* Description of the task: Exactly reproduce the lines from the top of the entries below through the line containing "-- No list of the map holds an address twice.", with both ends included.

* Records:
-------------------------

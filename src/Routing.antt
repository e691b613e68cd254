-- ===== src/Routing.antt =====
-- internal/routing: the list of the peers that serve a hostname with its round robin, and the table of
-- the mesh over it.
mod Peers
mod Table
pub mod Listing
pub mod Routes
pub mod Loops
pub mod Removal
pub mod Announced
pub mod Newest
pub mod Updates
pub mod Refines
pub mod Selection
unfoldable pub use Peers.*
unfoldable pub use Table.*
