-- ===== src/Routing/Listing.antt =====
-- internal/routing/table.go: which peers a map of routes lists for a key.
use nexus_proxy_server.Common.{
  ℕ, ◌-◌, ◌≤◌, ◌≡◌, refl, ap, ◌∙◌, ◌&&◌, ltb, ◌==◌, nat_eq, bytes_eq, bytes_beq_iff, if◌then◌else◌,
  Bytes, [], ◌∷◌, Option, none, some, Map, lookup, lookup-insert, arith, Bool-cases, inl, inr,
}
use nexus_proxy_server.Common.SwapRemove.{
  has_key, count_key, count_key-swap_remove, has_key_count, count_key-append,
}
use nexus_proxy_server.Routing.Peers.{Peer, addr_of, PeerList, new_peer_list, add, remove}
use nexus_proxy_server.Routing.Table.{list_or_new, add_peer, removed_at, remove_peer}

-- How often the list of a key holds a peer's address.
abbrev pub times : ℕ → Option PeerList → ℕ
times a none = 0
times a (some pl) = count_key addr_of a pl.peers

add-times :
    (p : Peer) (a : ℕ) (o : Option PeerList)
    → times a (some (add p (list_or_new o)))
      ≡ (if p.addr == a && times a o == 0 then 1 else times a o)
unfolding add list_or_new new_peer_list has_key count_key
add-times p a none = ground arith
add-times p a (some pl) =
    ground
      (arith, has_key_count addr_of p.addr pl.peers, count_key-append addr_of a pl.peers (p ∷ []))

remove-times :
    (p : Peer) (a : ℕ) (pl : PeerList)
    → times a (some (remove p pl)) ≡ (
        if p.addr == a && ltb 0 (times a (some pl))
        then times a (some pl) - 1
        else times a (some pl))
unfolding remove
remove-times p a pl =
    ground (
      arith,
      has_key_count addr_of p.addr pl.peers,
      count_key-swap_remove addr_of p.addr a pl.peers,
    )

-- No list of the map holds an address twice.
abbrev pub IsOnce : Map Bytes PeerList → Type 0
IsOnce m = (k : Bytes) (a : ℕ) → times a (lookup k m) ≤ 1

pub add_peer-times :
    (p : Peer) (key k : Bytes) (a : ℕ) (m : Map Bytes PeerList)
    → times a (lookup k m) ≤ 1
    → times a (lookup k (add_peer p key m))
      ≡ (if key == k && p.addr == a then 1 else times a (lookup k m))
unfolding add_peer
add_peer-times p key k a m h =
    ap (times a) (lookup-insert key k (add p (list_or_new (lookup key m))) m)
    ∙ elim (Bool-cases (key == k)) [
      | inr e ↦ ground (arith, e)
      | inl e ↦
          let same = (bytes_beq_iff key k).0 e in
          let there = ap (λ x. times a (lookup x m)) same in
          ground (arith, e, there, add-times p a (lookup key m), h)
    ]

removed_at-times :
    (p : Peer) (key k : Bytes) (a : ℕ) (o : Option PeerList) (m : Map Bytes PeerList)
    → lookup key m ≡ o
    → times a (lookup k m) ≤ 1
    → times a (lookup k (removed_at p key o m))
      ≡ (if key == k && p.addr == a then 0 else times a (lookup k m))
unfolding removed_at
removed_at-times p key k a none m e h = elim (Bool-cases (key == k)) [
  | inr e' ↦ ground (arith, e')
  | inl e' ↦
      let there = ap (λ x. times a (lookup x m)) ((bytes_beq_iff key k).0 e') in
      ground (arith, e', there, ap (times a) e)
]
removed_at-times p key k a (some pl) m e h =
    ap (times a) (lookup-insert key k (remove p pl) m) ∙ elim (Bool-cases (key == k)) [
      | inr e' ↦ ground (arith, e')
      | inl e' ↦
          let there = ap (λ x. times a (lookup x m)) ((bytes_beq_iff key k).0 e') in
          ground (arith, e', there, ap (times a) e, remove-times p a pl, h)
    ]

pub remove_peer-times :
    (p : Peer) (key k : Bytes) (a : ℕ) (m : Map Bytes PeerList)
    → times a (lookup k m) ≤ 1
    → times a (lookup k (remove_peer p key m))
      ≡ (if key == k && p.addr == a then 0 else times a (lookup k m))
unfolding remove_peer
remove_peer-times p key k a m h = removed_at-times p key k a (lookup key m) m refl h
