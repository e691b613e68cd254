-- ===== src/Routing/Routes.antt =====
-- internal/routing/table.go: what adding and removing routes does to the peers that a hostname has.
use nexus_proxy_server.Common.{
  ℕ, ◌≡◌, ◌≢◌, refl, sym, ap, ◌∙◌, Bool, true, ◌&&◌, ◌==◌, nat_eq, bytes_eq, bytes_beq_iff,
  if◌then◌else◌, Bytes, ◌∷◌, Option, none, some, Map, lookup, arith, Bool-cases, inl, inr,
}
use nexus_proxy_server.Routing.Peers.{Peer, PeerList}
use nexus_proxy_server.Routing.Table.{Table, add_peer, remove_peer, add_route_at, remove_route_at}
use nexus_proxy_server.Routing.Listing.{times, IsOnce, add_peer-times, remove_peer-times}

-- The list of a hostname whose wildcard suffix is given.
unfoldable pub place : Option Bytes → Bytes → Table → Option PeerList
place none h t = lookup h t.routes
place (some suffix) h t = lookup suffix t.wildcard_routes

-- A wildcard whose spelling is "*" before its suffix; every other hostname.
unfoldable pub is_plain_at : Option Bytes → Bytes → Bool
is_plain_at none h = true
is_plain_at (some suffix) h = h == (b'*' ∷ suffix)

abbrev pub IsOnceTable : Table → Type 0
IsOnceTable t = IsOnce t.routes × IsOnce t.wildcard_routes

-- What a change of one entry at `key` and `addr` makes of a number.
abbrev pub changed : Bytes → Bytes → ℕ → ℕ → ℕ → ℕ → ℕ
changed g h addr a val old = if g == h && addr == a then val else old

changed_other : (g h : Bytes) (addr a val old : ℕ) → g ≢ h → changed g h addr a val old ≡ old
changed_other g h addr a val old other = elim (Bool-cases (g == h)) [
  | inl e ↦ absurd (other ((bytes_beq_iff g h).0 e))
  | inr e ↦ rw e refl
]

-- Plain wildcards are the same exactly if their suffixes are.
plain_suffixes :
    (g h s r : Bytes)
    → is_plain_at (some s) g ≡ true
    → is_plain_at (some r) h ≡ true
    → (g == h) ≡ (s == r)
unfolding is_plain_at
plain_suffixes g h s r e e' =
    let g_is = (bytes_beq_iff g (b'*' ∷ s)).0 e in
    let h_is = (bytes_beq_iff h (b'*' ∷ r)).0 e' in rw (g_is, h_is) refl

some_ne_none : (s : Bytes) → some s ≢ none
some_ne_none s e = absurd (ground (arith, e))

pub add_route_at-times :
    (u v : Option Bytes) (p : Peer) (g h : Bytes) (a : ℕ) (t : Table)
    → IsOnceTable t
    → is_plain_at u g ≡ true
    → is_plain_at v h ≡ true
    → (g ≡ h → u ≡ v)
    → times a (place v h (add_route_at u p g t)) ≡ changed g h p.addr a 1 (times a (place v h t))
unfolding place add_route_at
add_route_at-times none none p g h a t once e e' agree =
    add_peer-times p g h a t.routes (once.0 h a)
add_route_at-times none (some r) p g h a t once e e' agree = sym (
    changed_other g h p.addr a 1 (times a (lookup r t.wildcard_routes))
      (λ same. some_ne_none r (sym (agree same))))
add_route_at-times (some s) none p g h a t once e e' agree = sym (
    changed_other g h p.addr a 1 (times a (lookup h t.routes))
      (λ same. some_ne_none s (agree same)))
add_route_at-times (some s) (some r) p g h a t once e e' agree =
    add_peer-times p s r a t.wildcard_routes (once.1 r a)
    ∙ ap (λ b. if b && p.addr == a then 1 else times a (lookup r t.wildcard_routes))
        (sym (plain_suffixes g h s r e e'))

pub remove_route_at-times :
    (u v : Option Bytes) (p : Peer) (g h : Bytes) (a : ℕ) (t : Table)
    → IsOnceTable t
    → is_plain_at u g ≡ true
    → is_plain_at v h ≡ true
    → (g ≡ h → u ≡ v)
    → times a (place v h (remove_route_at u p g t)) ≡ changed g h p.addr a 0 (times a (place v h t))
unfolding place remove_route_at
remove_route_at-times none none p g h a t once e e' agree =
    remove_peer-times p g h a t.routes (once.0 h a)
remove_route_at-times none (some r) p g h a t once e e' agree = sym (
    changed_other g h p.addr a 0 (times a (lookup r t.wildcard_routes))
      (λ same. some_ne_none r (sym (agree same))))
remove_route_at-times (some s) none p g h a t once e e' agree = sym (
    changed_other g h p.addr a 0 (times a (lookup h t.routes))
      (λ same. some_ne_none s (agree same)))
remove_route_at-times (some s) (some r) p g h a t once e e' agree =
    remove_peer-times p s r a t.wildcard_routes (once.1 r a)
    ∙ ap (λ b. if b && p.addr == a then 0 else times a (lookup r t.wildcard_routes))
        (sym (plain_suffixes g h s r e e'))

add_peer-IsOnce :
    (p : Peer) (key : Bytes) (m : Map Bytes PeerList) → IsOnce m → IsOnce (add_peer p key m)
add_peer-IsOnce p key m once k a = ground (arith, add_peer-times p key k a m (once k a), once k a)

remove_peer-IsOnce :
    (p : Peer) (key : Bytes) (m : Map Bytes PeerList) → IsOnce m → IsOnce (remove_peer p key m)
remove_peer-IsOnce p key m once k a =
    ground (arith, remove_peer-times p key k a m (once k a), once k a)

pub add_route_at-IsOnceTable :
    (u : Option Bytes) (p : Peer) (g : Bytes) (t : Table)
    → IsOnceTable t
    → IsOnceTable (add_route_at u p g t)
unfolding add_route_at
add_route_at-IsOnceTable none p g t once = (add_peer-IsOnce p g t.routes once.0, once.1)
add_route_at-IsOnceTable (some s) p g t once =
    (once.0, add_peer-IsOnce p s t.wildcard_routes once.1)

pub remove_route_at-IsOnceTable :
    (u : Option Bytes) (p : Peer) (g : Bytes) (t : Table)
    → IsOnceTable t
    → IsOnceTable (remove_route_at u p g t)
unfolding remove_route_at
remove_route_at-IsOnceTable none p g t once = (remove_peer-IsOnce p g t.routes once.0, once.1)
remove_route_at-IsOnceTable (some s) p g t once =
    (once.0, remove_peer-IsOnce p s t.wildcard_routes once.1)
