-- ===== src/Routing/Loops.antt =====
-- internal/routing/table.go: the two loops of `UpdateRoutesForPeer`, and its set of hostnames.
use nexus_proxy_server.Common.{
  ℕ, ◌≡◌, refl, sym, subst, ap, ◌∙◌, Bool, true, false, not, ◌&&◌, ◌||◌, ◌==◌, nat_eq, bytes_eq,
  bytes_beq_iff, if◌then◌else◌, Bytes, List, [], ◌∷◌, ◌++◌, Option, arith, Bool-cases, inl, inr,
}
use nexus_proxy_server.Hostnames.{wildcard_suffix}
use nexus_proxy_server.Routing.Peers.{Peer}
use nexus_proxy_server.Routing.Table.{Table, add_route, add_routes, has_text, set_of, add_missing}
use nexus_proxy_server.Routing.Listing.{times}
use nexus_proxy_server.Routing.Routes.{
  place, is_plain_at, IsOnceTable, changed, add_route_at-times, add_route_at-IsOnceTable,
}

has_text-append :
    (h g : Bytes) (hs : List Bytes) → has_text h (hs ++ (g ∷ [])) ≡ (has_text h hs || g == h)
unfolding has_text
has_text-append h g [] = ground arith
has_text-append h g (x ∷ hs) = ground (arith, has_text-append h g hs)

-- The set holds what the list holds.
pub has_text-set_of :
    (h : Bytes) (hs set : List Bytes)
    → has_text h (set_of hs set) ≡ (has_text h set || has_text h hs)
unfolding has_text set_of
has_text-set_of h [] set = ground arith
has_text-set_of h (g ∷ hs) set = elim (Bool-cases (has_text g set)) [
  | inl there ↦
      let same = bytes_beq_iff g h in
      rw there (
        has_text-set_of h hs set ∙ elim (Bool-cases (g == h)) [
          | inl e ↦ ground (arith, e, there, ap (λ x. has_text x set) (same.0 e))
          | inr e ↦ rw e refl
        ])
  | inr new ↦
      rw new (has_text-set_of h hs (set ++ (g ∷ [])) ∙ ground (arith, has_text-append h g set))
]

pick :
    (same here there fresh : Bool) (val old : ℕ)
    → (if here && there && fresh then val else if same && here && fresh then val else old)
      ≡ (if here && (same || there) && fresh then val else old)
pick true true true fresh val old = ground arith
pick true true false fresh val old = refl
pick true false there fresh val old = refl
pick false true true fresh val old = refl
pick false true false fresh val old = refl
pick false false there fresh val old = refl

-- One round of a loop, and the rest.
pub merged :
    (p : Peer) (h : Bytes) (a : ℕ) (set : List Bytes) (g : Bytes) (hs : List Bytes)
    (val old now : ℕ)
    → now ≡ (if g == h && p.addr == a && not (has_text h set) then val else old)
    → (if p.addr == a && has_text h hs && not (has_text h set) then val else now)
      ≡ (if p.addr == a && (g == h || has_text h hs) && not (has_text h set) then val else old)
merged p h a set g hs val old now e =
    rw e (pick (g == h) (p.addr == a) (has_text h hs) (not (has_text h set)) val old)

module _ (to_ascii : Bytes → Option Bytes) where
  -- How often the peers of a hostname hold an address.
  abbrev pub served : ℕ → Bytes → Table → ℕ
  served a h t = times a (place (wildcard_suffix to_ascii h) h t)

  abbrev pub is_plain : Bytes → Bool
  is_plain h = is_plain_at (wildcard_suffix to_ascii h) h

  abbrev pub all_plain : List Bytes → Bool
  all_plain [] = true
  all_plain (h ∷ hs) = is_plain h && all_plain hs

  pub plain_cons :
      (g : Bytes) (hs : List Bytes)
      → all_plain (g ∷ hs) ≡ true
      → (is_plain g ≡ true) × (all_plain hs ≡ true)
  plain_cons g hs e = elim (Bool-cases (is_plain g)) [
    | inl here ↦ (here, ap (λ b. b && all_plain hs) (sym here) ∙ e)
    | inr not_here ↦ absurd (ground (arith, ap (λ b. b && all_plain hs) (sym not_here) ∙ e))
  ]

  add_route-served :
      (p : Peer) (g h : Bytes) (a : ℕ) (t : Table)
      → IsOnceTable t
      → is_plain g ≡ true
      → is_plain h ≡ true
      → served a h (add_route to_ascii p g t) ≡ changed g h p.addr a 1 (served a h t)
  unfolding add_route
  add_route-served p g h a t once e e' =
      add_route_at-times (wildcard_suffix to_ascii g) (wildcard_suffix to_ascii h) p g h a t once e
        e' (ap (wildcard_suffix to_ascii))

  add_missing-IsOnceTable :
      (p : Peer) (old : List Bytes) (h : Bytes) (t : Table)
      → IsOnceTable t
      → IsOnceTable (add_missing to_ascii p old h t)
  unfolding add_missing add_route
  add_missing-IsOnceTable p old h t once = elim (Bool-cases (has_text h old)) [
    | inl e ↦ subst IsOnceTable (sym (ap (λ b. if b then t else add_route to_ascii p h t) e)) once
    | inr e ↦
        subst IsOnceTable (sym (ap (λ b. if b then t else add_route to_ascii p h t) e))
          (add_route_at-IsOnceTable (wildcard_suffix to_ascii h) p h t once)
  ]

  pub add_routes-IsOnceTable :
      (p : Peer) (old hs : List Bytes) (t : Table)
      → IsOnceTable t
      → IsOnceTable (add_routes to_ascii p old hs t)
  unfolding add_routes
  add_routes-IsOnceTable p old [] t once = once
  add_routes-IsOnceTable p old (h ∷ hs) t once =
      add_routes-IsOnceTable p old hs (add_missing to_ascii p old h t)
        (add_missing-IsOnceTable p old h t once)

  add_missing-served :
      (p : Peer) (old : List Bytes) (g h : Bytes) (a : ℕ) (t : Table)
      → IsOnceTable t
      → is_plain g ≡ true
      → is_plain h ≡ true
      → served a h (add_missing to_ascii p old g t)
        ≡ (if g == h && p.addr == a && not (has_text h old) then 1 else served a h t)
  unfolding add_missing
  add_missing-served p old g h a t once e e' =
      let step = add_route-served p g h a t once e e' in
      let same : g ≡ h → has_text g old ≡ has_text h old = ap (λ x. has_text x old) in
      elim (Bool-cases (has_text g old)) [
        | inl known ↦
            ap (λ b. served a h (if b then t else add_route to_ascii p g t)) known
            ∙ elim (Bool-cases (g == h)) [
              | inl eq ↦ ground (arith, eq, known, same ((bytes_beq_iff g h).0 eq))
              | inr ne ↦ rw ne refl
            ]
        | inr new ↦
            ap (λ b. served a h (if b then t else add_route to_ascii p g t)) new
            ∙ step
            ∙ elim (Bool-cases (g == h)) [
              | inl eq ↦ ground (arith, eq, new, same ((bytes_beq_iff g h).0 eq))
              | inr ne ↦ rw ne refl
            ]
      ]

  -- The first loop adds the peer to the hostnames that are new.
  pub add_routes-served :
      (p : Peer) (old hs : List Bytes) (h : Bytes) (a : ℕ) (t : Table)
      → IsOnceTable t
      → all_plain hs ≡ true
      → is_plain h ≡ true
      → served a h (add_routes to_ascii p old hs t)
        ≡ (if p.addr == a && has_text h hs && not (has_text h old) then 1 else served a h t)
  unfolding add_routes has_text
  add_routes-served p old [] h a t once e e' = ground arith
  add_routes-served p old (g ∷ hs) h a t once e e' =
      let (here, rest) = plain_cons g hs e in
      add_routes-served p old hs h a (add_missing to_ascii p old g t)
        (add_missing-IsOnceTable p old g t once) rest e'
      ∙ merged p h a old g hs 1 (served a h t) (served a h (add_missing to_ascii p old g t))
          (add_missing-served p old g h a t once here e')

-------------------------

* Completed task:
filename src/Routing.antt
repository e691b613e68cd254
-- ===== src/Routing.antt =====
-- internal/routing: the list of the peers that serve a hostname with its round robin, and the table of
-- the mesh over it.
mod Peers
mod Table
pub mod Listing
pub mod Routes
pub mod Loops
pub mod Removal
pub mod Announced
pub mod Newest
pub mod Updates
pub mod Refines
pub mod Selection
unfoldable pub use Peers.*
unfoldable pub use Table.*
-- ===== src/Routing/Listing.antt =====
-- internal/routing/table.go: which peers a map of routes lists for a key.
use nexus_proxy_server.Common.{
  ℕ, ◌-◌, ◌≤◌, ◌≡◌, refl, ap, ◌∙◌, ◌&&◌, ltb, ◌==◌, nat_eq, bytes_eq, bytes_beq_iff, if◌then◌else◌,
  Bytes, [], ◌∷◌, Option, none, some, Map, lookup, lookup-insert, arith, Bool-cases, inl, inr,
}
use nexus_proxy_server.Common.SwapRemove.{
  has_key, count_key, count_key-swap_remove, has_key_count, count_key-append,
}
use nexus_proxy_server.Routing.Peers.{Peer, addr_of, PeerList, new_peer_list, add, remove}
use nexus_proxy_server.Routing.Table.{list_or_new, add_peer, removed_at, remove_peer}

-- How often the list of a key holds a peer's address.
abbrev pub times : ℕ → Option PeerList → ℕ
times a none = 0
times a (some pl) = count_key addr_of a pl.peers

add-times :
    (p : Peer) (a : ℕ) (o : Option PeerList)
    → times a (some (add p (list_or_new o)))
      ≡ (if p.addr == a && times a o == 0 then 1 else times a o)
unfolding add list_or_new new_peer_list has_key count_key
add-times p a none = ground arith
add-times p a (some pl) =
    ground
      (arith, has_key_count addr_of p.addr pl.peers, count_key-append addr_of a pl.peers (p ∷ []))

remove-times :
    (p : Peer) (a : ℕ) (pl : PeerList)
    → times a (some (remove p pl)) ≡ (
        if p.addr == a && ltb 0 (times a (some pl))
        then times a (some pl) - 1
        else times a (some pl))
unfolding remove
remove-times p a pl =
    ground (
      arith,
      has_key_count addr_of p.addr pl.peers,
      count_key-swap_remove addr_of p.addr a pl.peers,
    )

-- No list of the map holds an address twice.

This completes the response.